## What you have to do:
From the first line to the last, give the listing again exactly.
────────
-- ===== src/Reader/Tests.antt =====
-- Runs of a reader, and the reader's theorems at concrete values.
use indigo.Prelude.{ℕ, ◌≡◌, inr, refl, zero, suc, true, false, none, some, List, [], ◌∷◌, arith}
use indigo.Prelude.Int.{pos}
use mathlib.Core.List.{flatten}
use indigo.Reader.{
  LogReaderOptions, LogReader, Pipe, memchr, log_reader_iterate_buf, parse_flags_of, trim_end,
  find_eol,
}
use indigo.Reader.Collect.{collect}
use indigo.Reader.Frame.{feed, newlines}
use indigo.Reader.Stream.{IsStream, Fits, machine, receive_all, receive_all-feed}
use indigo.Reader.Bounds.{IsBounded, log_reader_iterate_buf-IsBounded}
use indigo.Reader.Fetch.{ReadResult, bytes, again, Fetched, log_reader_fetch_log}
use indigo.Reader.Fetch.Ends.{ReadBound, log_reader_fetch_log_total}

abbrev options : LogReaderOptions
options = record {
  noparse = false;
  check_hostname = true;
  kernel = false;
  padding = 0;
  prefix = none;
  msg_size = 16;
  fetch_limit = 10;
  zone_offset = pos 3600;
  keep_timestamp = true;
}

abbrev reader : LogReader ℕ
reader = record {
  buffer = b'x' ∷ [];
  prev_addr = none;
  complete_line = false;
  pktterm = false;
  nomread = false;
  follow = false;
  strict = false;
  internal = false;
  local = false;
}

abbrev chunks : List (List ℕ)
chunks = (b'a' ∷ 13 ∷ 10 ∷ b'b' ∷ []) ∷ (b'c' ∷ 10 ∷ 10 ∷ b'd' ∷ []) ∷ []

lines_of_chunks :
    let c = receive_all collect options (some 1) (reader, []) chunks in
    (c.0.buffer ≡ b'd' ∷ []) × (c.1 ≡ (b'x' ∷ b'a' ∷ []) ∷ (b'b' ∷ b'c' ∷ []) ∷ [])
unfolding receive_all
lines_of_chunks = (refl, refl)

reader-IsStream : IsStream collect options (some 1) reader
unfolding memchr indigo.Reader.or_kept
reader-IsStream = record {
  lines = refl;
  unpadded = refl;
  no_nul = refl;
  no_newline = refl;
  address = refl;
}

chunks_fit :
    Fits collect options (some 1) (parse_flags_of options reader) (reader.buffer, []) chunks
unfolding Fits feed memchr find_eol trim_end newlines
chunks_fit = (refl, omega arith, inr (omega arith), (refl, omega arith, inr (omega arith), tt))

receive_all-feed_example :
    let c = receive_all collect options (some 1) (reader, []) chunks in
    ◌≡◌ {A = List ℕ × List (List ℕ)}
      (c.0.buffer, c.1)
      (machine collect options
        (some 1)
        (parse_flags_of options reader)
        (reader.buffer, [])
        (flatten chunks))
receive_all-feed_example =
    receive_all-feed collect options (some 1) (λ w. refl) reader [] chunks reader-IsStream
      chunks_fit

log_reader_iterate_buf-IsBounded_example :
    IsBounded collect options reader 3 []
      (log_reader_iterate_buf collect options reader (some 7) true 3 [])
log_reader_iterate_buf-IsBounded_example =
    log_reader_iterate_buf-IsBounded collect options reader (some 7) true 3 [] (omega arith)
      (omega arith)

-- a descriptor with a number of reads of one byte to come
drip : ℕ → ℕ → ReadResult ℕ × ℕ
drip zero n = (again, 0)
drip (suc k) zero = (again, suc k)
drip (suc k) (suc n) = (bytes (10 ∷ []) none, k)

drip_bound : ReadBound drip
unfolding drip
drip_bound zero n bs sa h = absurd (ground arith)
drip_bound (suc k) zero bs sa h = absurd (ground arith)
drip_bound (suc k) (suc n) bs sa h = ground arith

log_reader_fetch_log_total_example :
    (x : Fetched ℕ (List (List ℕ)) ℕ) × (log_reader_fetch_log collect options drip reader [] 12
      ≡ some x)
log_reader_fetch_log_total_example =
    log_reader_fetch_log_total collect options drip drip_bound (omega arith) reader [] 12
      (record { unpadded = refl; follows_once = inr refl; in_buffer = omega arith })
────────
## Your response:
-- ===== src/Reader/Tests.antt =====
-- Runs of a reader, and the reader's theorems at concrete values.
use indigo.Prelude.{ℕ, ◌≡◌, inr, refl, zero, suc, true, false, none, some, List, [], ◌∷◌, arith}
use indigo.Prelude.Int.{pos}
use mathlib.Core.List.{flatten}
use indigo.Reader.{
  LogReaderOptions, LogReader, Pipe, memchr, log_reader_iterate_buf, parse_flags_of, trim_end,
  find_eol,
}
use indigo.Reader.Collect.{collect}
use indigo.Reader.Frame.{feed, newlines}
use indigo.Reader.Stream.{IsStream, Fits, machine, receive_all, receive_all-feed}
use indigo.Reader.Bounds.{IsBounded, log_reader_iterate_buf-IsBounded}
use indigo.Reader.Fetch.{ReadResult, bytes, again, Fetched, log_reader_fetch_log}
use indigo.Reader.Fetch.Ends.{ReadBound, log_reader_fetch_log_total}

abbrev options : LogReaderOptions
options = record {
  noparse = false;
  check_hostname = true;
  kernel = false;
  padding = 0;
  prefix = none;
  msg_size = 16;
  fetch_limit = 10;
  zone_offset = pos 3600;
  keep_timestamp = true;
}

abbrev reader : LogReader ℕ
reader = record {
  buffer = b'x' ∷ [];
  prev_addr = none;
  complete_line = false;
  pktterm = false;
  nomread = false;
  follow = false;
  strict = false;
  internal = false;
  local = false;
}

abbrev chunks : List (List ℕ)
chunks = (b'a' ∷ 13 ∷ 10 ∷ b'b' ∷ []) ∷ (b'c' ∷ 10 ∷ 10 ∷ b'd' ∷ []) ∷ []

lines_of_chunks :
    let c = receive_all collect options (some 1) (reader, []) chunks in
    (c.0.buffer ≡ b'd' ∷ []) × (c.1 ≡ (b'x' ∷ b'a' ∷ []) ∷ (b'b' ∷ b'c' ∷ []) ∷ [])
unfolding receive_all
lines_of_chunks = (refl, refl)

reader-IsStream : IsStream collect options (some 1) reader
unfolding memchr indigo.Reader.or_kept
reader-IsStream = record {
  lines = refl;
  unpadded = refl;
  no_nul = refl;
  no_newline = refl;
  address = refl;
}

chunks_fit :
    Fits collect options (some 1) (parse_flags_of options reader) (reader.buffer, []) chunks
unfolding Fits feed memchr find_eol trim_end newlines
chunks_fit = (refl, omega arith, inr (omega arith), (refl, omega arith, inr (omega arith), tt))

receive_all-feed_example :
    let c = receive_all collect options (some 1) (reader, []) chunks in
    ◌≡◌ {A = List ℕ × List (List ℕ)}
      (c.0.buffer, c.1)
      (machine collect options
        (some 1)
        (parse_flags_of options reader)
        (reader.buffer, [])
        (flatten chunks))
receive_all-feed_example =
    receive_all-feed collect options (some 1) (λ w. refl) reader [] chunks reader-IsStream
      chunks_fit

log_reader_iterate_buf-IsBounded_example :
    IsBounded collect options reader 3 []
      (log_reader_iterate_buf collect options reader (some 7) true 3 [])
log_reader_iterate_buf-IsBounded_example =
    log_reader_iterate_buf-IsBounded collect options reader (some 7) true 3 [] (omega arith)
      (omega arith)

-- a descriptor with a number of reads of one byte to come
drip : ℕ → ℕ → ReadResult ℕ × ℕ
drip zero n = (again, 0)
drip (suc k) zero = (again, suc k)
drip (suc k) (suc n) = (bytes (10 ∷ []) none, k)

drip_bound : ReadBound drip
unfolding drip
drip_bound zero n bs sa h = absurd (ground arith)
drip_bound (suc k) zero bs sa h = absurd (ground arith)
drip_bound (suc k) (suc n) bs sa h = ground arith

log_reader_fetch_log_total_example :
    (x : Fetched ℕ (List (List ℕ)) ℕ) × (log_reader_fetch_log collect options drip reader [] 12
      ≡ some x)
log_reader_fetch_log_total_example =
    log_reader_fetch_log_total collect options drip drip_bound (omega arith) reader [] 12
      (record { unpadded = refl; follows_once = inr refl; in_buffer = omega arith })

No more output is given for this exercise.